9:07 Now we’re done, right? We are up to date. Everything’s fine. Not quite, obviously. We have to add these transcripts to the subtitles on YouTube, which will happen in the not too far future, I hope. And also, what we want to try and see if we can do translations of these YouTube transcripts that we generate now, to have them in different languages, which would be super nice. Of course, bytesize talks are not finished yet. In fact, this very bytesize talk is going to be transcribed. We have this kind of Inception way where a bytesize talk that talks about bytesize talk transcripts is going to be transcribed. Anyway, this was all. I would like to thank Matthias for his enormously helpful tip for Whisper. And also, he was writing a container, I think, for Whisper. Marcel and Christopher, who had to approve all my pull requests for the transcripts. Of course, all the other reviewers, specifically the speakers that went through this horrendous task of reading their own talks. I’m not looking forward to this. Thank you very much. Now I’m open to any questions. Of course, there’s no repository nf-core pipeline. I just took the… Anyway, thank you very much, everyone. Off to Maxime.

10:53 (host) Good. That was brilliant. Thank you very much. I will try to allow everyone to unmute themselves if you have questions. We haven’t done that in a while. Where is this?

(speaker) Yeah, this is what you get when you use the template. Unnecessary things get included in the talk.

(host) Is there any question, actually, like, oh, yes.

(question) Jasmin is asking, how was the transcript added to YouTube? Will they be visible as normal subtitles?

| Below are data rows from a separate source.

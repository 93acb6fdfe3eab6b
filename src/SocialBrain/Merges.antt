-- ===== src/SocialBrain/Merges.antt =====
-- platform/social-brain/repository.ts: what merging an input into a row does to its view.
use openzigs_social.Prelude.{ℕ, Option, none, some, get_or, or_else, List, ◌∷◌, ◌≡◌, refl, ap, ◌∙◌}
use openzigs_social.SocialBrain.Types.{
  Fields, MetadataJson, parse_metadata, serialize_metadata, coalesce, inbound, ContactRow,
  ThreadRow, MessageRow, to_contact, to_message, UpsertContactInput, UpsertThreadInput,
  UpsertMessageInput,
}
use openzigs_social.SocialBrain.Repository.{
  new_contact, merge_contact, merge_thread, new_message, merge_message,
}
use openzigs_social.SocialBrain.Spec.{
  latest, last_time, ContactView, ThreadView, MessageView, contact_view, thread_view, message_view,
  spec_contact, spec_message,
}

or_else_assoc {ℓ} :
    {A : Type ℓ} (a b c : Option A) → or_else a (or_else b c) ≡ or_else (or_else a b) c
or_else_assoc none b c = refl
or_else_assoc (some x) b c = refl

get_or-or_else {ℓ} :
    {A : Type ℓ} (a b : Option A) (c : A) → get_or a (get_or b c) ≡ get_or (or_else a b) c
get_or-or_else none b c = refl
get_or-or_else (some x) b c = refl

parse-coalesce :
    (m : Option Fields) (old : MetadataJson)
    → parse_metadata (coalesce (serialize_metadata m) old) ≡ or_else m (parse_metadata old)
unfolding parse_metadata serialize_metadata
parse-coalesce none old = refl
parse-coalesce (some m) old = refl

parse-serialize : (m : Option Fields) → parse_metadata (serialize_metadata m) ≡ m
unfolding parse_metadata serialize_metadata
parse-serialize none = refl
parse-serialize (some m) = refl

abbrev pub later_contact : ContactView → List (ℕ × UpsertContactInput) → ContactView
later_contact v es = record {
  handle = or_else (latest (λ i. i.handle) es) v.handle;
  display_name = or_else (latest (λ i. i.display_name) es) v.display_name;
  avatar_url = or_else (latest (λ i. i.avatar_url) es) v.avatar_url;
  metadata = or_else (latest (λ i. i.metadata) es) v.metadata;
  created_at = v.created_at;
  updated_at = last_time v.updated_at es;
}

abbrev pub later_thread : ThreadView → List (ℕ × UpsertThreadInput) → ThreadView
later_thread v es = record {
  contact_id = or_else (latest (λ i. i.contact_id) es) v.contact_id;
  subject = or_else (latest (λ i. i.subject) es) v.subject;
  last_message_at = or_else (latest (λ i. i.last_message_at) es) v.last_message_at;
  created_at = v.created_at;
  updated_at = last_time v.updated_at es;
}

abbrev pub later_message : MessageView → List (ℕ × UpsertMessageInput) → MessageView
later_message v es = record {
  thread_id = or_else (latest (λ i. i.thread_id) es) v.thread_id;
  contact_id = or_else (latest (λ i. i.contact_id) es) v.contact_id;
  direction = v.direction;
  body = get_or (latest (λ i. some i.body) es) v.body;
  metadata = or_else (latest (λ i. i.metadata) es) v.metadata;
  sent_at = or_else (latest (λ i. i.sent_at) es) v.sent_at;
  created_at = v.created_at;
  updated_at = last_time v.updated_at es;
}

-- `metadata` after a merge and later inputs, and of a new row.
metadata-merge :
    (a m : Option Fields) (old : MetadataJson)
    → or_else a (parse_metadata (coalesce (serialize_metadata m) old))
      ≡ or_else (or_else a m) (parse_metadata old)
metadata-merge a m old =
    ap (or_else a) (parse-coalesce m old) ∙ or_else_assoc a m (parse_metadata old)

pub contact-merge :
    (now : ℕ) (input : UpsertContactInput) (r : ContactRow) (es : List (ℕ × UpsertContactInput))
    → later_contact (contact_view (to_contact (merge_contact now input r))) es
      ≡ later_contact (contact_view (to_contact r)) ((now, input) ∷ es)
unfolding to_contact merge_contact
contact-merge now input r es = λ i. record {
  handle = or_else_assoc (latest (λ x. x.handle) es) input.handle r.handle i;
  display_name =
      or_else_assoc (latest (λ x. x.display_name) es) input.display_name r.display_name i;
  avatar_url = or_else_assoc (latest (λ x. x.avatar_url) es) input.avatar_url r.avatar_url i;
  metadata = metadata-merge (latest (λ x. x.metadata) es) input.metadata r.metadata_json i;
  created_at = r.created_at;
  updated_at = last_time now es;
}

pub contact-new :
    (now : ℕ) (input : UpsertContactInput) (k : ℕ) (es : List (ℕ × UpsertContactInput))
    → some (later_contact (contact_view (to_contact (new_contact now input k))) es)
      ≡ spec_contact ((now, input) ∷ es)
unfolding to_contact new_contact
contact-new now input k es = λ i. some (record {
  handle = or_else (latest (λ x. x.handle) es) input.handle;
  display_name = or_else (latest (λ x. x.display_name) es) input.display_name;
  avatar_url = or_else (latest (λ x. x.avatar_url) es) input.avatar_url;
  metadata = or_else (latest (λ x. x.metadata) es) (parse-serialize input.metadata i);
  created_at = now;
  updated_at = last_time now es;
})

pub thread-merge :
    (now : ℕ) (input : UpsertThreadInput) (r : ThreadRow) (es : List (ℕ × UpsertThreadInput))
    → later_thread (thread_view (merge_thread now input r)) es
      ≡ later_thread (thread_view r) ((now, input) ∷ es)
unfolding merge_thread
thread-merge now input r es = λ i. record {
  contact_id = or_else_assoc (latest (λ x. x.contact_id) es) input.contact_id r.contact_id i;
  subject = or_else_assoc (latest (λ x. x.subject) es) input.subject r.subject i;
  last_message_at =
      or_else_assoc (latest (λ x. x.last_message_at) es) input.last_message_at r.last_message_at i;
  created_at = r.created_at;
  updated_at = last_time now es;
}

pub message-merge :
    (now : ℕ) (input : UpsertMessageInput) (r : MessageRow) (es : List (ℕ × UpsertMessageInput))
    → later_message (message_view (to_message (merge_message now input r))) es
      ≡ later_message (message_view (to_message r)) ((now, input) ∷ es)
unfolding to_message merge_message
message-merge now input r es = λ i. record {
  thread_id = or_else_assoc (latest (λ x. x.thread_id) es) input.thread_id r.thread_id i;
  contact_id = or_else_assoc (latest (λ x. x.contact_id) es) input.contact_id r.contact_id i;
  direction = r.direction;
  body = get_or-or_else (latest (λ x. some x.body) es) (some input.body) r.body i;
  metadata = metadata-merge (latest (λ x. x.metadata) es) input.metadata r.metadata_json i;
  sent_at = or_else_assoc (latest (λ x. x.sent_at) es) input.sent_at r.sent_at i;
  created_at = r.created_at;
  updated_at = last_time now es;
}

pub message-new :
    (now : ℕ) (input : UpsertMessageInput) (k : ℕ) (es : List (ℕ × UpsertMessageInput))
    → some (later_message (message_view (to_message (new_message now input k))) es)
      ≡ spec_message ((now, input) ∷ es)
unfolding to_message new_message
message-new now input k es = λ i. some (record {
  thread_id = or_else (latest (λ x. x.thread_id) es) input.thread_id;
  contact_id = or_else (latest (λ x. x.contact_id) es) input.contact_id;
  direction = get_or input.direction inbound;
  body = get_or (latest (λ x. some x.body) es) input.body;
  metadata = or_else (latest (λ x. x.metadata) es) (parse-serialize input.metadata i);
  sent_at = or_else (latest (λ x. x.sent_at) es) input.sent_at;
  created_at = now;
  updated_at = last_time now es;
})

(answer) So, yeah, I did look a bit into that. You can add your own subtitles in YouTube if you are the owner of the YouTube channel. As nf-core, I can add subtitles, and it will be one of the different subtitles that you can choose from. I think it’s going to be called… No, I don’t recall how it’s called. But I think it will be the default option as subtitles.

11:56 (host) Okay. Do we have one last question, or are we good for today? I think we are good for today. Thank you again, Fran, for this presentation. Definitely that was a question I had, how everything was happening and stuff. Thank you very much for inviting me into all that. And see you soon. Thank you.